Lastly, anyone know of some species of freshwater fish that 8.0 is perfect for? I HAVE to keep the piranha(cause I luv em), but might set some extra tanks up for which kind of fish has not been decided. I have many tanks at my disposal. From 10-75 gallons.


----------



## Tensa (Jul 28, 2008)

african cichlids prefer higher ph. but you need to test the water in your tank to get a accurate ph because there is some chemistry involved im bad at but the ph doesnt stay at 8.0 just because you add water to the tank that is at 8.0 the actual ph in your tank is most likely much closer to the 7.0 range especially if you have driftwood in the tank. the key really is to keep things simple and not really mess with chemistry such as ph. if you have a way to store the water you can use a tub and add driftwood to buffer it down to a more reasonable ph. but honestly retest all the params of the tank water and post that here so people can give a opinion.


----------



## ...Jay... (Nov 2, 2006)

ok, I went the trash picking route. I had tested nitrite, and just now tested nitrate. Neither change the color even a little. So I'm guessing thats a good thing.
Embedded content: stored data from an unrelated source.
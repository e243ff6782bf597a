-- ===== src/TlsRetry/Valid/Draws.antt =====
-- The steps of one attempt of runTarget against the checks: the delay in front of it, the observation
-- that is accepted, and the source that is kept.
use reachrun.Prelude.{
  ℕ, ◌/◌, ◌≤◌, true, none, some, List, [], ◌∷◌, ◌≡◌, ◌≢◌, ◌⊎◌, inl, inr, refl, subst, arith, Bytes,
  length, All, IfSome, ok, Option-cases,
}
use reachrun.Probe.{Source, platform_eq, source-eq}
use reachrun.TlsRetry.{
  millisecond, backoff_min, backoff_max, Observation, Attempt, TargetResult, should_retry, input_eq,
  expected_tls_input,
}
use reachrun.TlsRetry.Attempts.{
  StopReason, RunState, World, fail, accept_source, Backoff, go, stop, validate_observation,
  delay_in_bounds, backoff, scheduler_failure,
}
use reachrun.TlsRetry.Checks.{Batch, validate_delay}
use reachrun.TlsRetry.Valid.Sequence.{last_or}
use reachrun.TlsRetry.Valid.Running.{Running}
use reachrun.TlsRetry.Valid.Stopped.{OnlyLast-ongoing, Kept}

-- The first attempt has no observation in front of it, and every other one has.
last_or-cases :
    (xs : List Attempt)
    → (length xs ≡ 0) × (last_or none xs ≡ none)
      ⊎ (o : Observation) × (length xs ≢ 0) × (last_or none xs ≡ some o)
last_or-cases [] = inl (refl, refl)
last_or-cases (a ∷ xs) =
    let (o, e) = last_or-some a.observation xs in inr (o, (λ z. omega (arith, z)), e)
  where
    last_or-some :
        (o : Observation) (xs : List Attempt) → (r : Observation) × (last_or (some o) xs ≡ some r)
    last_or-some o [] = (o, refl)
    last_or-some o (a ∷ xs) = last_or-some a.observation xs

validate_delay-in_bounds :
    (before o : Observation) (n delay : ℕ)
    → backoff_min ≤ delay
    → delay ≤ backoff_max
    → should_retry before ≡ true
    → validate_delay
        (some before)
        (record { number = n; retry_delay_ms = delay / millisecond; observation = o })
      ≡ ok tt
unfolding validate_delay
validate_delay-in_bounds before o n delay lo hi r = ground (arith, lo, hi, r)

accept_source-some :
    (x : Source) (s s' : RunState)
    → accept_source x s ≡ some s'
    → (s'.source ≡ some x) × ((y : Source) → s.source ≡ some y → s'.source ≡ some y)
unfolding accept_source
accept_source-some x s s' e = elim (Option-cases s.source) [
  | inl n ↦ ground arith
  | inr (first, n) ↦ ground (arith, source-eq x first)
]

pub Backoff-cases : (r : Backoff) → ((s : RunState) × (r ≡ stop s)) ⊎ ((delay : ℕ) × (r ≡ go delay))
Backoff-cases (stop s) = inl (s, refl)
Backoff-cases (go delay) = inr (delay, refl)

fail-keeps :
    (why : StopReason) (s : RunState) (x : Source)
    → s.source ≡ some x
    → (fail why s).source ≡ some x
unfolding fail
fail-keeps why s x e = e

pub All-keeps :
    (s s' : RunState)
    → ((x : Source) → s.source ≡ some x → s'.source ≡ some x)
    → (xs : List Attempt) → All (λ a. s.source ≡ some a.observation.source) xs
    → All (λ a. s'.source ≡ some a.observation.source) xs
All-keeps s s' keeps [] h = tt
All-keeps s s' keeps (a ∷ xs) h = (keeps a.observation.source h.0, All-keeps s s' keeps xs h.1)

pub Running-Kept :
    (b : Batch) (n : ℕ) (t : TargetResult) (s s' : RunState)
    → ((x : Source) → s.source ≡ some x → s'.source ≡ some x)
    → Running b n t s
    → Kept b t s'
Running-Kept b n t s s' keeps h =
    let size = h.size in
    let few = h.few in
    record {
      family = h.family;
      array = h.array;
      attempts = h.attempts;
      few = omega arith;
      source = All-keeps s s' keeps t.attempts h.source;
      cancel = OnlyLast-ongoing t.attempts h.ongoing;
    }

pub Kept-fail :
    (b : Batch) (why : StopReason) (t : TargetResult) (s : RunState)
    → Kept b t s
    → Kept b t (fail why s)
unfolding fail
Kept-fail b why t s h = record {
  family = h.family;
  array = h.array;
  attempts = h.attempts;
  few = h.few;
  source = h.source;
  cancel = h.cancel;
}

module _ (w : World) where
  -- What `backoff` lets through: no delay in front of the first attempt, one in the bounds else.
  backoff-go :
      (n : ℕ) (s : RunState) (delay : ℕ)
      → backoff w n s ≡ go delay
      → (n ≡ 1) × (delay ≡ 0) ⊎ (n ≢ 1) × (backoff_min ≤ delay) × (delay ≤ backoff_max)
  unfolding backoff delay_in_bounds
  backoff-go n s delay e = ground arith

  -- The delay in front of attempt `n` is one that the checks allow there.
  pub backoff-delay :
      (b : Batch) (n : ℕ) (t : TargetResult) (s : RunState) (delay : ℕ) (o : Observation)
      → Running b n t s
      → backoff w n s ≡ go delay
      → validate_delay
          (last_or none t.attempts)
          (record { number = n; retry_delay_ms = delay / millisecond; observation = o })
        ≡ ok tt
  unfolding validate_delay
  backoff-delay b n t s delay o h e =
      let size = h.size in
      let retry = h.retry in
      elim (last_or-cases t.attempts) [
        | inl first ↦ elim (backoff-go n s delay e) [
          | inl none_drawn ↦ rw (first.1, none_drawn.1) refl
          | inr drawn ↦ absurd (drawn.0 (omega (arith, size, first.0)))
        ]
        | inr later ↦ elim (backoff-go n s delay e) [
          | inl none_drawn ↦ absurd (later.1 (omega (arith, size, none_drawn.0)))
          | inr drawn ↦ rw later.2 (
              validate_delay-in_bounds later.0 o n delay drawn.1 drawn.2
                (subst (λ m. IfSome (λ o. should_retry o ≡ true) Unit m) later.2 retry))
        ]
      ]

  -- What an accepted observation is, and what it leaves of the source.
  pub validate_observation-some :
      (o : Observation) (ip : Bytes) (s s' : RunState)
      → validate_observation w o ip s ≡ some s'
      → (w.observation_valid o ≡ true)
        × (platform_eq o.platform w.platform ≡ true)
        × (input_eq o.input (expected_tls_input w.target_family ip) ≡ true)
        × (s'.source ≡ some o.source)
        × ((x : Source) → s.source ≡ some x → s'.source ≡ some x)
  unfolding validate_observation
  validate_observation-some o ip s s' e =
      let (h, accepted) = checked e in
      let (x, keeps) = accept_source-some o.source s s' accepted in (h.0, h.1, h.2, x, keeps)
    where
      checked :
          validate_observation w o ip s ≡ some s'
          → ((w.observation_valid o ≡ true)
              × (platform_eq o.platform w.platform ≡ true)
              × (input_eq o.input (expected_tls_input w.target_family ip) ≡ true))
            × (accept_source o.source s ≡ some s')
      checked e = ground arith

  pub backoff-stop :
      (n : ℕ) (s s' : RunState)
      → backoff w n s ≡ stop s'
      → (x : Source) → s.source ≡ some x
      → s'.source ≡ some x
  unfolding backoff delay_in_bounds
  backoff-stop n s s' e x h = ground (arith, fail-keeps scheduler_failure s x h)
I guess I kind of figured that if I set up a drip system, it would stay pretty close to whats coming out of the faucet. So wanted to know what that would be. My Ps are babies at this point(dime sized), in a 20 gallon. I haven't even got the 75 set up yet. But I plan on doing that this week, so once it gets cycled and stable I'll come back.


----------



## Tensa (Jul 28, 2008)

are better off setting up the 75 asap and moving all the filters from the 20 onto the 75 along with whatever filter you plan to use on the 75 and let it cycle that way. im guessing you haven't had the fish long that is why you don't have any nitrates in the tank yet. you need to test ammonia nitrites and nitrates. get those numbers and post here. also test the ph in the tank so someone can answer that question for you too.


----------



## ...Jay... (Nov 2, 2006)

the plan is to set up the 75 in the next day or 2, then use gunk from the filter on the 20, and another bigger tank that is established, and probably throw some poor goldfish in there until it cycles. I know they grow fast, so I wanna get this rolling quick.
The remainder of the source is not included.